Sir Arshavin, el señorito andaluz y el 'Taladro'

Por Albert Valor


Ayer, mientras en la calle arreciaba el frío invernal, yo decidí apostar por lo que en PLF llamamos Lady Fútbol. Y lo decidí por un motivo llamado Liverpool-Arsenal. Lo decidí por la liturgia de un estadio mítico que acoge a un equipo histórico en horas bajas y porque el Arsenal, gane o pierda, no escatima nunca en su apuesta balompédica. He de reconocer que ver a Gerrard y Torres en la alineación me hizo aproximarme aún más al clímax. Sus nombres se unían a los de Cesc Fábregas, Samir Nasri o Andrei Arshavin. Arshavin. Menudo jugador. Aunque ya hablaremos más tarde de este querubín. Todo esto, aderezado con los agudos comentarios de José Manuel Díaz y con el licenciado José Antonio Martín ‘Petón’. El aragonés volvió a impartir, una vez más, clases de dicción, vocabulario y fútbol. Sobretodo de fútbol. Hay personajes como Cañizares o el propio 'Petón' que perderían gran parte de sus virtudes como comentaristas sino añadieran a sus sentencias esa dosis imprescindible de pasión.

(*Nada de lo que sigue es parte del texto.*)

-- ===== src/Client.antt =====
-- The manager's side of a client: the class `client` of damanager/src/client.cc.
pub mod Counting
pub mod Lifetime
mod Tests
use dasim.Base.{
  ℕ, ◌==◌, Bool, true, false, not, Option, none, some, List, [], ◌∷◌, Map, lookup, insert_ordered,
  erase_entry, if◌then◌else◌, ◌>>=◌,
}
use dasim.Types.{enoent, enotsup}
use dasim.Calls.{CallParams, Payload, CallResult}
use dasim.Manager.Interface.{BufferManager}
use dasim.Manager.State.{Kernel, ClientRegionInfo}
use dasim.Manager.Ops.{Cm, allocate, anchor, unanchor, get_size, map, unmap, persist, advise}

-- m_mappings, by the address in the client, and m_state.
pub record Client : Type 0 where
  pub mappings : Map ℕ
  pub state : ℕ

-- `start_handle_calls`; `none` is DASIM_FATAL.
unfoldable pub start_handle_calls : Client → Option Client
start_handle_calls c = if c.state == 0 then some (record c { state = 1 }) else none

module _ (bm : BufferManager) (kernel : Kernel) where
  -- The client beside the manager, which the mutex gives to one call at a time.
  pub record Server : Type 0 where
    pub client : Client
    pub manager : Cm bm kernel

  -- What a handler returns: the code, the member of the union that it writes, and the new state.
  abbrev pub Reply : Type 0
  Reply = Option (ℕ × Payload × Server)

  -- The local variable `region_info` before it is written.
  abbrev pub no_info : ClientRegionInfo
  no_info = record { segid = 0; size = 0 }

  -- `m_mappings[addr] = id`
  abbrev pub add_mapping : Client → ℕ → ℕ → Client
  add_mapping c addr id = record c { mappings = insert_ordered addr id c.mappings }

  unfoldable pub answer_region :
      Client → ℕ → ℕ → ℕ × ClientRegionInfo × Cm bm kernel → ℕ × Payload × Server
  answer_region c addr id (ret, info, m) =
      if not (ret == 0)
      then (ret, Payload.unset, record { client = c; manager = m })
      else (0, Payload.segid info.segid, record { client = add_mapping c addr id; manager = m })

  unfoldable pub handle_call_unmap : Client → Cm bm kernel → ℕ → Reply
  handle_call_unmap c m addr = elim (lookup addr c.mappings) [
    | none ↦ some (enoent, Payload.unset, record { client = c; manager = m })
    | some id ↦
        let c' = record c { mappings = erase_entry addr c.mappings } in
        unmap bm kernel m id >>= λ r.
        some (r.0, Payload.unset, record { client = c'; manager = r.1 })
  ]

  unfoldable pub handle_call_persist : Client → Cm bm kernel → ℕ → ℕ → ℕ → Reply
  handle_call_persist c m addr off size = elim (lookup addr c.mappings) [
    | none ↦ some (enoent, Payload.unset, record { client = c; manager = m })
    | some id ↦ persist bm kernel m id off size >>= λ r.
        some (r.0, Payload.unset, record { client = c; manager = r.1 })
  ]

  unfoldable pub handle_call_get_size : Client → Cm bm kernel → ℕ → ℕ × Payload × Server
  handle_call_get_size c m id =
      let (ret, out, m') = get_size bm kernel m id 0 in
      (
        ret,
        if ret == 0 then Payload.size out else Payload.unset,
        record { client = c; manager = m' },
      )

  -- `handle_call`, under the manager's lock, and the handlers that it dispatches to.
  unfoldable pub handle_call : Client → Cm bm kernel → CallParams → Reply
  unfolding answer_region handle_call_unmap handle_call_persist handle_call_get_size
  handle_call c m (CallParams.alloc id addr size properties) =
      allocate bm kernel m id size properties no_info >>= λ r. some (answer_region c addr id r)
  handle_call c m (CallParams.anchor id) =
      let (ret, m') = anchor bm kernel m id in
      some (ret, Payload.unset, record { client = c; manager = m' })
  handle_call c m (CallParams.unanchor id) = unanchor bm kernel m id >>= λ r.
      some (r.0, Payload.unset, record { client = c; manager = r.1 })
  handle_call c m (CallParams.get_size id) = some (handle_call_get_size c m id)
  handle_call c m (CallParams.map id addr size) =
      map bm kernel m id no_info >>= λ r. some (answer_region c addr id r)
  handle_call c m (CallParams.unmap addr) = handle_call_unmap c m addr
  handle_call c m (CallParams.persist addr off size) = handle_call_persist c m addr off size
  handle_call c m (CallParams.advise id properties) =
      let (ret, m') = advise bm kernel m id properties in
      some (ret, Payload.unset, record { client = c; manager = m' })
  handle_call c m CallParams.unknown =
      some (enotsup, Payload.unset, record { client = c; manager = m })

  -- while (!m_mappings.empty()) { ...; m_mappings.erase(it); m_manager->unmap(id); }
  unfoldable pub unmap_all : Map ℕ → Cm bm kernel → Option (Cm bm kernel)
  unmap_all [] m = some m
  unmap_all ((addr, id) ∷ rest) m = elim (unmap bm kernel m id) [
    | none ↦ none
    | some r ↦ unmap_all rest r.1
  ]

  -- The end of `handle_calls`.
  unfoldable pub leave : Client → Cm bm kernel → Option Server
  unfolding unmap_all
  leave c m = unmap_all c.mappings m >>= λ m'.
      some (record { client = record { mappings = []; state = 2 }; manager = m' })

  -- What a round of `handle_calls` meets: a call, with whether its result can be written, or the
  -- end of the connection.
  pub data Incoming : Type 0 where
    call : CallParams → Bool → Incoming
    closed : Incoming

  -- `handle_calls`, with the results that it sends. The list ends where shutdown is signalled.
  unfoldable pub handle_calls :
      List Incoming → Client → Cm bm kernel → Option (List CallResult × Server)
  unfolding handle_call leave
  handle_calls [] c m = leave c m >>= λ s. some ([], s)
  handle_calls (closed ∷ rest) c m = leave c m >>= λ s. some ([], s)
  handle_calls (call params writable ∷ rest) c m = elim (handle_call c m params) [
    | none ↦ none
    | some r ↦
        let result : CallResult = record { error = r.0; payload = r.1 } in
        let more = handle_calls rest r.2.client r.2.manager in
        if writable
        then (more >>= λ t. some (result ∷ t.0, t.1))
        else (leave r.2.client r.2.manager >>= λ s. some ([], s))
  ]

La primera hora del partido fue brutal. El más típico fútbol inglés. Intensidad, ritmo, intercambio de golpes y, por supuesto, cada uno fiel a su estilo. Los reds buscaban robar el balón lo más arriba posible y llegar al área con un juego directo, abriendo a la bandas y buscando centros. En esta faceta destacaba Glen Johnson. El carrilero británico percutía una y otra vez su banda. El joven Armand Traoré, un correcto pero inexperto lateral zurdo típico de la factoría Wenger, fue el que más lo sufrió. Los gunners estaban incómodos, puesto que Benítez, fiel a su dogma, apostó por ir al choque. Los londinenses no consiguieron enlazar seis pases seguidos hasta el último tramo del primer tiempo. Su única baza fueron las internadas por la derecha paridas por el binomio Walcott-Sagna. La llegada del descanso parte dejó lugar a sentimientos contradictorios, casi todos con el Liverpool como protagonista. El primero, que el único gol fuera un remate a puerta vacía de Kuyt tras un barullo a la salida de una falta. Después del espectáculo vivido, el gol del holandés no era una buena muestra de lo que había sido el partido. En segundo lugar, se hacía raro echar la vista a la tabla y observar que el equipo de Anfield esté este año tan abajo.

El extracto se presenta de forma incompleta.